EU AI Act for Transport & Mobility Developers: Annex III Critical Infrastructure Compliance Guide 2026

Post #3 in the sota.io EU AI Act Sector-Specific Developer Series (Part 2)

Transport AI sits at an awkward intersection: vehicle safety law has governed autonomous systems for decades under UN-ECE frameworks, but the EU AI Act adds an entirely new compliance layer beginning August 2, 2026. For most transport software teams, the question is not whether they are covered — it is which obligations apply, and whether their existing automotive-grade safety processes satisfy the EU AI Act's specific documentation and oversight requirements.

The answer depends on a single distinction: is your AI a safety component in critical infrastructure? If yes, Annex III Point 2 classifies it as high-risk and triggers the full conformity assessment path. If no, you likely fall outside mandatory high-risk obligations entirely. This guide makes that classification precise, then walks through every obligation that follows.

The Transport AI Risk Taxonomy: Four Tiers

Tier 1 — Annex III Point 2 HIGH-RISK (Critical Infrastructure Safety Components)

Annex III Point 2 designates AI as high-risk when used "as safety components in the management and operation of critical digital infrastructure, road traffic, or the supply of water, gas, heating or electricity." For transport developers, this covers:

Road traffic safety AI:

• Autonomous Emergency Braking (AEB) systems where AI is the primary decision-making component
• Intelligent Speed Assistance (ISA) controllers that actively intervene on vehicle speed
• Automated Lane Keeping Systems (ALKS) operating at SAE Level 3+ on public roads
• Traffic signal control AI that autonomously manages intersections without human override per cycle

Rail safety systems:

• AI-based train protection systems that trigger emergency stops
• Automated train operation (ATO) controllers at GoA Level 3-4 (conditional to full automation)
• AI-driven switch control in AI-managed rail segments

Smart city traffic management:

• Real-time traffic flow controllers that reroute emergency vehicles via autonomous signal coordination
• Urban traffic control systems where AI makes junction-by-junction decisions without human intervention in each cycle

Aviation and maritime (where applicable):

• AI systems used as safety components in air traffic management sequencing
• Autonomous vessel collision-avoidance systems classified as safety-critical under SOLAS

Tier 2 — GPAI Obligations Only (Art.50 Transparency)

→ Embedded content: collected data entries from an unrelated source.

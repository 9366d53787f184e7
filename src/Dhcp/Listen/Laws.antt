-- ===== src/Dhcp/Listen/Laws.antt =====
-- Which packets are answered by the listeners that the proxy starts.
use omni_infra_provider_bare.Base.{All, Bool, arith, false, none, ◌≡◌, ◌⊎◌}
use omni_infra_provider_bare.Dhcp.Packet.{Packet, discover, is_boot_dhcp, request}
use omni_infra_provider_bare.Dhcp.Offer.{ServerIp}
use omni_infra_provider_bare.Dhcp.Handle.{ProxyState, handle_packet}
use omni_infra_provider_bare.Dhcp.Listen.{ports}

-- Every answer goes to a packet of the type that its port is for: DHCPREQUEST on port 4011, and on port
-- 67, if the broadcast listener is not disabled, DHCPDISCOVER.
pub answers_by_port :
    (off serve : Bool) (ip : ServerIp) (m : Packet) (s : ProxyState)
    → All
        (λ port.
          ((handle_packet serve ip port m s).0 ≡ none)
          ⊎ ((port ≡ 4011) × (m.message_type ≡ request))
          ⊎ ((port ≡ 67) × (off ≡ false) × (m.message_type ≡ discover)))
        (ports off)
unfolding ports handle_packet is_boot_dhcp
answers_by_port off serve ip m s = ground arith
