-- ===== src/Dhcp/Offer/Laws.antt =====
-- What every response says.
use omni_infra_provider_bare.Base.{arith, none, some, ℕ, ◌↔◌, ◌≡◌, ◌≢◌, ◌⊎◌}
use omni_infra_provider_bare.Dhcp.Packet.{Firmware, Packet, rpi, unsupported}
use omni_infra_provider_bare.Dhcp.Offer.{
  Response, ServerIp, boot_file_directly, offer_dhcp, raspberry_pi_options, reply_type,
}

-- A response is refused exactly for an unsupported firmware, and for a Raspberry Pi when the provider's
-- address is not IPv4.
pub refused_iff :
    (m : Packet) (ip : ServerIp) (fw : Firmware) (port : ℕ)
    → (offer_dhcp m ip fw port ≡ none) ↔ ((fw ≡ unsupported) ⊎ ((fw ≡ rpi) × (ip.to4 ≡ none)))
unfolding offer_dhcp
refused_iff m ip fw port = ground arith

-- Every response names the provider and the way to boot: it has the message type of its port and the
-- provider's IPv4 address, if there is one, as the server identifier, and its address as the next
-- server; a file named in the header is
-- also option 67 and comes with the provider's TFTP server and the instruction to boot it directly;
-- and a response without option 67 is one for a Raspberry Pi, with its boot menu.
pub offer_complete :
    (m : Packet) (ip : ServerIp) (fw : Firmware) (port : ℕ) (r : Response)
    → offer_dhcp m ip fw port ≡ some r
    → (r.message_type ≡ reply_type port)
      × (r.server_identifier ≡ ip.to4)
      × (r.server_address ≡ ip.text)
      × ((r.boot_file_name ≡ "")
          ⊎ ((r.boot_file_option ≡ some r.boot_file_name)
              × (r.tftp_server_name ≡ some ip.text)
              × (r.vendor_specific ≡ some boot_file_directly)))
      × ((r.boot_file_option ≢ none)
          ⊎ ((fw ≡ rpi)
              × (r.tftp_server_name ≡ some ip.text)
              × (r.vendor_specific ≡ raspberry_pi_options ip)))
unfolding offer_dhcp
offer_complete m ip fw port r h = ground arith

AI systems that interact with transport users must comply with Art.50 transparency requirements, even if not classified as high-risk:

• Voice assistants in connected vehicles that could be mistaken for human operators
• AI chatbots for passenger information services
• Automated customer service systems for transport operators

Tier 3 — General Purpose AI (Minimal EU AI Act Obligations)

Most transport logistics AI falls here:

• Route optimization for freight dispatching
• Predictive maintenance scheduling (condition monitoring, not safety actuation)
• Demand forecasting for public transport scheduling
• Fuel efficiency AI that provides recommendations (not actuation)
• ADAS features that assist rather than act as the safety component (e.g., lane departure warning vs. lane keeping intervention)

Tier 4 — Prohibited Practices (Art.5)

No transport use case commonly triggers Art.5 prohibitions, but AI-based behavioral scoring of drivers that denies access to transport services based on inferred personal characteristics could fall under Art.5(1)(c).

Annex III Point 2: What Makes Something a "Safety Component"?

The Commission's classification guidance and recitals clarify that "safety component" means the AI system's failure could directly cause harm to persons or property, and the AI output is used to make safety-relevant decisions without a mandatory human decision step in the loop.

Test: Is it a safety component?

The key variable is whether a human decision separates the AI output from the safety-critical actuation. Where the AI output is the actuation (or makes it unavoidable), Annex III Point 2 applies.

Art.9 Risk Management System — Transport-Specific Requirements

Providers of Annex III Point 2 AI systems must establish a risk management system under Art.9. For transport AI, this has four transport-specific dimensions:

Operational Design Domain (ODD) documentation: Every transport AI system must specify the exact conditions under which it operates safely. For ADAS, the ODD typically covers weather conditions (snow, fog, rain intensity thresholds), road types (motorway, urban, rural), speed ranges, and lighting conditions. The Art.9 risk management system must document the ODD, risk mitigation measures at ODD boundaries, and procedures for graceful degradation when ODD boundaries are approached.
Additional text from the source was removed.